WORK INSTRUCTIONS
Please work out the number of lines in the following material that include "elim", and reply with only that number.
DATASET ENTRIES START
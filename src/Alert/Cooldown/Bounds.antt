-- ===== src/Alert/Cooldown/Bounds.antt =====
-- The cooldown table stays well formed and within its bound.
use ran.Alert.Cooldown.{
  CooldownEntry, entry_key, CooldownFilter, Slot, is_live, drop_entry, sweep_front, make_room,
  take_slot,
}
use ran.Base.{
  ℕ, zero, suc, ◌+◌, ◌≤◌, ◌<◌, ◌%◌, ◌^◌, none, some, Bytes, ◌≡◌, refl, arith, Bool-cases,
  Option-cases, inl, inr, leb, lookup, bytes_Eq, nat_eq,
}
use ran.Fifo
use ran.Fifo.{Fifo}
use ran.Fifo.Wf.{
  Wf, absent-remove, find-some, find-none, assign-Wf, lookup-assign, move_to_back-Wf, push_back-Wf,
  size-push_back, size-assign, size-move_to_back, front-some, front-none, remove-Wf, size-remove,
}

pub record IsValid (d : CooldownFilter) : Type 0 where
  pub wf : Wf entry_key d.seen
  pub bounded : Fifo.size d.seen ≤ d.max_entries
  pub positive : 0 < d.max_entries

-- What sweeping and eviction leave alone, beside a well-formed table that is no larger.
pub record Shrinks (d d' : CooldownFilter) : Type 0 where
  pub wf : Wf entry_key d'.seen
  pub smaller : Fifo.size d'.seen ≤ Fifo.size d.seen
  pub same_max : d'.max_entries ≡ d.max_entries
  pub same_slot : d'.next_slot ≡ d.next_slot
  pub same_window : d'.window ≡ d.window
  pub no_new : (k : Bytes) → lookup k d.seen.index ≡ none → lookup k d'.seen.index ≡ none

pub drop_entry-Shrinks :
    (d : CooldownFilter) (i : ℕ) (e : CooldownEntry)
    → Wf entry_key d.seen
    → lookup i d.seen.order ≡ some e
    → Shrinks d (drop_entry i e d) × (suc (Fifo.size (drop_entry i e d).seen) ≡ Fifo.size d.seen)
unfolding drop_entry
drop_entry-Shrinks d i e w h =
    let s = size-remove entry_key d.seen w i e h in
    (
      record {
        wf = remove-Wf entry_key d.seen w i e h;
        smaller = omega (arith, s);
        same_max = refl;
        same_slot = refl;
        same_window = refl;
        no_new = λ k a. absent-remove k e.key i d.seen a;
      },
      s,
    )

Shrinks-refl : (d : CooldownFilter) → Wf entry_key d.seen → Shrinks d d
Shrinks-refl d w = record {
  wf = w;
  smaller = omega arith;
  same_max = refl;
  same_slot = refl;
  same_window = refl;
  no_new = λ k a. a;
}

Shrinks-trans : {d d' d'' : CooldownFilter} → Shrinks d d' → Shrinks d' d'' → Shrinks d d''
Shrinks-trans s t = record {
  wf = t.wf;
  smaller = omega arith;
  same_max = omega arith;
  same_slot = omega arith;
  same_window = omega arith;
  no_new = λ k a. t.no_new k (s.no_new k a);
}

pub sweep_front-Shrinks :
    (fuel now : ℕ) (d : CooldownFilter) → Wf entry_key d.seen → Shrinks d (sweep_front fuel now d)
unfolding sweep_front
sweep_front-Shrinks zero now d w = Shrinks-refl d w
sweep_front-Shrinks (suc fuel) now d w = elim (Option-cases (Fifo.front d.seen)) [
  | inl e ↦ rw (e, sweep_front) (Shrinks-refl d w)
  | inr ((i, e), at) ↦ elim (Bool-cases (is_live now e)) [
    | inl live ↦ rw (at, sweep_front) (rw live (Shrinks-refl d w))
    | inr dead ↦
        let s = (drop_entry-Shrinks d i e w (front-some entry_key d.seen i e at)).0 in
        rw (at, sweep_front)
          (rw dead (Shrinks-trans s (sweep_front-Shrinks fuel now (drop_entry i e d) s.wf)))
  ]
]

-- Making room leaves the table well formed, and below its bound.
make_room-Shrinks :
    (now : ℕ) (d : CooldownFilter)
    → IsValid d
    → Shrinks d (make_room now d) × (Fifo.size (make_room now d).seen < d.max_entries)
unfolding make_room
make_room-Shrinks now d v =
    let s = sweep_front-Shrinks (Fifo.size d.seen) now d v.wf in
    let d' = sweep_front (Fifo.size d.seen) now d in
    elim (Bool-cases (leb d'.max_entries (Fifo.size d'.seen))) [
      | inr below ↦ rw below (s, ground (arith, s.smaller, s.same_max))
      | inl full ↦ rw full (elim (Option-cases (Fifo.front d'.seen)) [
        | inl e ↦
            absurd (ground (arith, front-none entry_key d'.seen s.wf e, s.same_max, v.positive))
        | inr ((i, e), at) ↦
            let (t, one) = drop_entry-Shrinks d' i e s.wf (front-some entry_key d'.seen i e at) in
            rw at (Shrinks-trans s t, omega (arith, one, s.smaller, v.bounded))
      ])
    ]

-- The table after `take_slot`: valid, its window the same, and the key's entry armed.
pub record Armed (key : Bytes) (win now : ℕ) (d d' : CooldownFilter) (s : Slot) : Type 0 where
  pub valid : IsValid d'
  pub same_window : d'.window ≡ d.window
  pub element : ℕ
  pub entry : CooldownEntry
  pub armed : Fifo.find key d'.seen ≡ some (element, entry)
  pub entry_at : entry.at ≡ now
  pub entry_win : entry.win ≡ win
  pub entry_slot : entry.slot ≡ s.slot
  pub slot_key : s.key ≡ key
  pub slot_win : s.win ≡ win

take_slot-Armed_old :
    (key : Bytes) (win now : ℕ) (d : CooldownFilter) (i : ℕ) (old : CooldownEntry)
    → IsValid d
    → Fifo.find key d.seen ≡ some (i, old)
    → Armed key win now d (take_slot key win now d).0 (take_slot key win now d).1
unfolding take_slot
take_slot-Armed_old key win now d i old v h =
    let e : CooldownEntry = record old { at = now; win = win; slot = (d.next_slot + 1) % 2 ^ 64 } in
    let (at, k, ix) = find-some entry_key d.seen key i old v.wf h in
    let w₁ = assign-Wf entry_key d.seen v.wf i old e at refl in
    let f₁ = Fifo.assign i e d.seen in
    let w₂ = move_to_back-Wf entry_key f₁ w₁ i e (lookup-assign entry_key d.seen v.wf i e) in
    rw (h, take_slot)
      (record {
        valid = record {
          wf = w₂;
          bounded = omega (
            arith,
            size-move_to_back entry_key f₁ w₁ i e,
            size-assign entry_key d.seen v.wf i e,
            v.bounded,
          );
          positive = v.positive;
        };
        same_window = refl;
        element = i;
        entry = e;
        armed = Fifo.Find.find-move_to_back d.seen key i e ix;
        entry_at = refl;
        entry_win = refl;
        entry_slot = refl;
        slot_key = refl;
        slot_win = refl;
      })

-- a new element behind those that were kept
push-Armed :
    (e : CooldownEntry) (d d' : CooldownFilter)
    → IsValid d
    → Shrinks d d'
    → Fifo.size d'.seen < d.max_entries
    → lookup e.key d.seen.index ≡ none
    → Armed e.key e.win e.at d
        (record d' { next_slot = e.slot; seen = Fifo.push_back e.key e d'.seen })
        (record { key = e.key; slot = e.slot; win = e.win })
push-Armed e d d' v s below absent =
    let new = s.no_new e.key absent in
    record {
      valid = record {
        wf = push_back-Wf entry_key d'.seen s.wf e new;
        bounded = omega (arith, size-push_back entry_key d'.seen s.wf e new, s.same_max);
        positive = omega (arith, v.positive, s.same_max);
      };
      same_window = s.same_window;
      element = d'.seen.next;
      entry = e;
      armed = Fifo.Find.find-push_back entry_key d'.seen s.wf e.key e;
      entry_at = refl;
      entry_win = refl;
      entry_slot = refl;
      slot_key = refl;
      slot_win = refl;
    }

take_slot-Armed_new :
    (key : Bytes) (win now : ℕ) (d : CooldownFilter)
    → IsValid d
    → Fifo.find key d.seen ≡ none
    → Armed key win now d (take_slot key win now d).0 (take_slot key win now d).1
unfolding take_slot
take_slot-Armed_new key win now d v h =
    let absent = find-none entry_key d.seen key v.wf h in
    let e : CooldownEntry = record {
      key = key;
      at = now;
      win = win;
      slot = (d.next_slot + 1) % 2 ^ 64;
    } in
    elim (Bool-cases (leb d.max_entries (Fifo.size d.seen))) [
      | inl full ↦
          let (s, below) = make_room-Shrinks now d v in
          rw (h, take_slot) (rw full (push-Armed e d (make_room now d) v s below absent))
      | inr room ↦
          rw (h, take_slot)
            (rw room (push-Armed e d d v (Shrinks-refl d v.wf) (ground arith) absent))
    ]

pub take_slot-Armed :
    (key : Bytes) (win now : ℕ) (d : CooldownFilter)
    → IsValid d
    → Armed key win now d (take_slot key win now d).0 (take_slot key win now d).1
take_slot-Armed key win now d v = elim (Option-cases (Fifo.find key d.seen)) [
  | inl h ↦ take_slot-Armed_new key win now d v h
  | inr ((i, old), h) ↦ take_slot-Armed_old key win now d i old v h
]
DATASET ENTRIES END
TASK OUTPUT
6